PROBLEM
Using the records below, transcribe word for word the stretch from the line that contains "pub fetch : Request → Result Response" through the line that contains "method = post;", both end lines included, and nothing else.

Stored records
◇ ◇ ◇ ◇ ◇ ◇ ◇

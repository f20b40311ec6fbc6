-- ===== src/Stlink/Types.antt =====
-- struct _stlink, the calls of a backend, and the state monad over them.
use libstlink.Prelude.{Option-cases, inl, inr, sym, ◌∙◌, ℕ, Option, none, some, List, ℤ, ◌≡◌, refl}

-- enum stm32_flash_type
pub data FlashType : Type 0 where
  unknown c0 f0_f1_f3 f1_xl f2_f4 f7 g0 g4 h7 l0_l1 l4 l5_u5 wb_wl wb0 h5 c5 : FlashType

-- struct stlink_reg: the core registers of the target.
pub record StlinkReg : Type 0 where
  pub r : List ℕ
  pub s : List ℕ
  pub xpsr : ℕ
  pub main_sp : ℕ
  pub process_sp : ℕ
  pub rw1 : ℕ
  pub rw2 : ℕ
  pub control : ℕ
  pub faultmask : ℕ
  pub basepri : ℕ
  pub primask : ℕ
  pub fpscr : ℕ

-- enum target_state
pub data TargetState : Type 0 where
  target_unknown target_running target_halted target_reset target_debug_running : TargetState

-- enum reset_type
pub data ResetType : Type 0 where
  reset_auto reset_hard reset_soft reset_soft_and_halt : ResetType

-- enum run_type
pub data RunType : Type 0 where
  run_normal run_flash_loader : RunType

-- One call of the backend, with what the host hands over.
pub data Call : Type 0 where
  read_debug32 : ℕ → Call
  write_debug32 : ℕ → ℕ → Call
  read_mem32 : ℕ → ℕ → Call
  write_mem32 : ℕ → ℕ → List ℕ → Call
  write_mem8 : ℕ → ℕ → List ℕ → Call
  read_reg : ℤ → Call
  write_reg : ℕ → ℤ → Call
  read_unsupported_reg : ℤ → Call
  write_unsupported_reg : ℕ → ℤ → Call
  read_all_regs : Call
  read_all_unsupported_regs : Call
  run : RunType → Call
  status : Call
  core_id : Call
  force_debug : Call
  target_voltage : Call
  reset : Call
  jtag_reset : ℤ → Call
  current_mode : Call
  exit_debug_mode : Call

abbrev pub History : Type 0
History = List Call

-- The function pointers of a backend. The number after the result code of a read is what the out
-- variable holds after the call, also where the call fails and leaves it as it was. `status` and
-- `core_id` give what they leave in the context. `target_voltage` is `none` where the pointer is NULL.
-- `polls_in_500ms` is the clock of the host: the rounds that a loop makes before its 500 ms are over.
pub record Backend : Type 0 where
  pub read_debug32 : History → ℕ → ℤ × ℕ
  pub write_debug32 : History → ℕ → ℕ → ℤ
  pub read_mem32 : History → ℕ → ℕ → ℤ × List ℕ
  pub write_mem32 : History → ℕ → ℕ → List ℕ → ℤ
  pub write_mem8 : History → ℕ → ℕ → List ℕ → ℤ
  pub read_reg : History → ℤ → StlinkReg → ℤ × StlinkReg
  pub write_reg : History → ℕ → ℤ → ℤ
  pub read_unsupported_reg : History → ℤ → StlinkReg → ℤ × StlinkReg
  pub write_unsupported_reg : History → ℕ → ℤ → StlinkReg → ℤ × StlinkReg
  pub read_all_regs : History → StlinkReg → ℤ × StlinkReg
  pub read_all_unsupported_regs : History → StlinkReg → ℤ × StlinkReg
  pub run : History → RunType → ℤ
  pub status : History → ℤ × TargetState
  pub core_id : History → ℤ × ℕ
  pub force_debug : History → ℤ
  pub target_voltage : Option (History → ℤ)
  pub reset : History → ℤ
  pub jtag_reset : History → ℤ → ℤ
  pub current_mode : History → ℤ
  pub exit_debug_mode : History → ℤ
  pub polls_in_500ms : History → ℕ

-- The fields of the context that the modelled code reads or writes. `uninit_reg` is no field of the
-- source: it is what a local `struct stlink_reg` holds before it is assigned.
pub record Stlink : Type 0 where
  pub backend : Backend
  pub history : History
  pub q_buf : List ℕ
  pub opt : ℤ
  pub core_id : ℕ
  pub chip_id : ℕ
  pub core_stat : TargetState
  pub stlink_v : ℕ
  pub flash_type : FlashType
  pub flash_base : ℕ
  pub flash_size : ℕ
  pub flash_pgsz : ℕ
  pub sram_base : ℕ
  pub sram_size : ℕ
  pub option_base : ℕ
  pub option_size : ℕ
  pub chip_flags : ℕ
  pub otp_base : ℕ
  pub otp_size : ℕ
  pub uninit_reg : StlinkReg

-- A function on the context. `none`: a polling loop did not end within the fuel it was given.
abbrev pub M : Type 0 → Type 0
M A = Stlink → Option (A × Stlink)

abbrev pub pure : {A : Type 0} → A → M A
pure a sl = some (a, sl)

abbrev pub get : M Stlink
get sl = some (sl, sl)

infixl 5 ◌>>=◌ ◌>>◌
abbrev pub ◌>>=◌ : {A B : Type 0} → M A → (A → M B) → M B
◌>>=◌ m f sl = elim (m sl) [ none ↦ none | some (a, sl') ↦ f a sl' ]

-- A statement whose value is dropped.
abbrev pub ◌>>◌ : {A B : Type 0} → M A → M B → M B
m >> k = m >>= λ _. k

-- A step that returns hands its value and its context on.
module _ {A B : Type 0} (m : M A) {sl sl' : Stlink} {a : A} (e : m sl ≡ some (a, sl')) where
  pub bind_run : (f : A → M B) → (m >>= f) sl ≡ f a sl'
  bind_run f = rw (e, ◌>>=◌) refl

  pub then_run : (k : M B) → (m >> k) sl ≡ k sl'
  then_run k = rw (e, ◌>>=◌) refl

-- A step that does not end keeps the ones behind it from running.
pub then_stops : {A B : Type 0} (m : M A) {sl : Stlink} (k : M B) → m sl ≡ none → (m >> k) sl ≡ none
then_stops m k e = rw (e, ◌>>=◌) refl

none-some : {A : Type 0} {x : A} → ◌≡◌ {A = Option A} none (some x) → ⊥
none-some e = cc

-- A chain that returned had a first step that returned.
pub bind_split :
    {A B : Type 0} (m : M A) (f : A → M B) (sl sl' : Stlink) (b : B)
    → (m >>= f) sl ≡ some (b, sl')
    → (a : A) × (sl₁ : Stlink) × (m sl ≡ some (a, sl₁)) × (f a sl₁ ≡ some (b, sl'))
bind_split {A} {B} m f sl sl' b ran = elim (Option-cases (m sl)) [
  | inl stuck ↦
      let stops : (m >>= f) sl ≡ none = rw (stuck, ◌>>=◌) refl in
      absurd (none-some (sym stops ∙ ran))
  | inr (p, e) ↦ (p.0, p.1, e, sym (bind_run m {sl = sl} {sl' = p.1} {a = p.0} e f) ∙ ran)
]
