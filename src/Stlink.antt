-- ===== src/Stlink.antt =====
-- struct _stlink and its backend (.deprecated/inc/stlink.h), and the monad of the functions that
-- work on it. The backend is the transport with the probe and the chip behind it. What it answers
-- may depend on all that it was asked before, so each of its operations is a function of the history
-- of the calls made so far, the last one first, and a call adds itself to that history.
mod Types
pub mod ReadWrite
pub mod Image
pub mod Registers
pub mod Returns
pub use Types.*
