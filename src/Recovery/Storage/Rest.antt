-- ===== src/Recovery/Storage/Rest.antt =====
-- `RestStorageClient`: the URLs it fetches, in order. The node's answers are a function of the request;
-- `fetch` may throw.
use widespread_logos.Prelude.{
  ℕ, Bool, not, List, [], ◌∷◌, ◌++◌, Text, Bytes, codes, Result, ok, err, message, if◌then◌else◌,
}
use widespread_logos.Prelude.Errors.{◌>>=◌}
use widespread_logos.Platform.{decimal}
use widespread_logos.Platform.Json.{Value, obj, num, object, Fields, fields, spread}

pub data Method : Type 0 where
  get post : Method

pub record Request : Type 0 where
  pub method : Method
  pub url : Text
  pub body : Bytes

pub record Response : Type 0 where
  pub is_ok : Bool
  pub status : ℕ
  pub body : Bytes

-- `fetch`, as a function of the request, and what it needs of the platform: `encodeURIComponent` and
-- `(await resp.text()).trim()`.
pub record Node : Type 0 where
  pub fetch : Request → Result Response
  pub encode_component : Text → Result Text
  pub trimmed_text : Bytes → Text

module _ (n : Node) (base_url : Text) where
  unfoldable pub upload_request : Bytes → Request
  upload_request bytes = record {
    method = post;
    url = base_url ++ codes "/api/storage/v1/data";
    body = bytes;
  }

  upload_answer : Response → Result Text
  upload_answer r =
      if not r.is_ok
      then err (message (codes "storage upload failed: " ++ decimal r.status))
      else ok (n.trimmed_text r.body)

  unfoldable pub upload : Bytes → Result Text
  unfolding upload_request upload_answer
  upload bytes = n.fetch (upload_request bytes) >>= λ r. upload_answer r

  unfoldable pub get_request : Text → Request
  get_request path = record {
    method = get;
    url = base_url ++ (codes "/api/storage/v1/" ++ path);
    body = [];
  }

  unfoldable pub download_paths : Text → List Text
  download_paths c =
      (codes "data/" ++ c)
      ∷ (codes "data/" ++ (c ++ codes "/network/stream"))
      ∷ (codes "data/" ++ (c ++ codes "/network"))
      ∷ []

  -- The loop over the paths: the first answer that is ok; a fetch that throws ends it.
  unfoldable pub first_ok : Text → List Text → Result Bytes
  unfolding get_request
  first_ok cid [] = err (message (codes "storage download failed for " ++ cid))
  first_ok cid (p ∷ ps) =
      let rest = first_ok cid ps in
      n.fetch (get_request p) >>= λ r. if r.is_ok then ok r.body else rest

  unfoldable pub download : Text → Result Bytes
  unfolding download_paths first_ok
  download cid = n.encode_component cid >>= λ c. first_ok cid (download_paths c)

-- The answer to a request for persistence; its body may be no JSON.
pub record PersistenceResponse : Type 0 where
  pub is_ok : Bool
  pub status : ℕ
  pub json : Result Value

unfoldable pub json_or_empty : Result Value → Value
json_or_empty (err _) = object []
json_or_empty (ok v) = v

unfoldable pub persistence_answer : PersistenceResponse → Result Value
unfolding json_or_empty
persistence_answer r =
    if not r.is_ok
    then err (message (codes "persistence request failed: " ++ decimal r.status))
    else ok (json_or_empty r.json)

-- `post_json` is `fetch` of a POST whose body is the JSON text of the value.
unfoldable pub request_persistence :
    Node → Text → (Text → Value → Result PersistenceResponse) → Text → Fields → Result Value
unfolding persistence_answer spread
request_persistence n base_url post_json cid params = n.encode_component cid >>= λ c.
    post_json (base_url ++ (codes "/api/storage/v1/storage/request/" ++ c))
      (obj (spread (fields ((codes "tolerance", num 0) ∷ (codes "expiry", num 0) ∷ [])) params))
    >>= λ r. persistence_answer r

◇ ◇ ◇ ◇ ◇ ◇ ◇

ANSWER FOR THE TASK
  pub fetch : Request → Result Response
  pub encode_component : Text → Result Text
  pub trimmed_text : Bytes → Text

module _ (n : Node) (base_url : Text) where
  unfoldable pub upload_request : Bytes → Request
  upload_request bytes = record {
    method = post;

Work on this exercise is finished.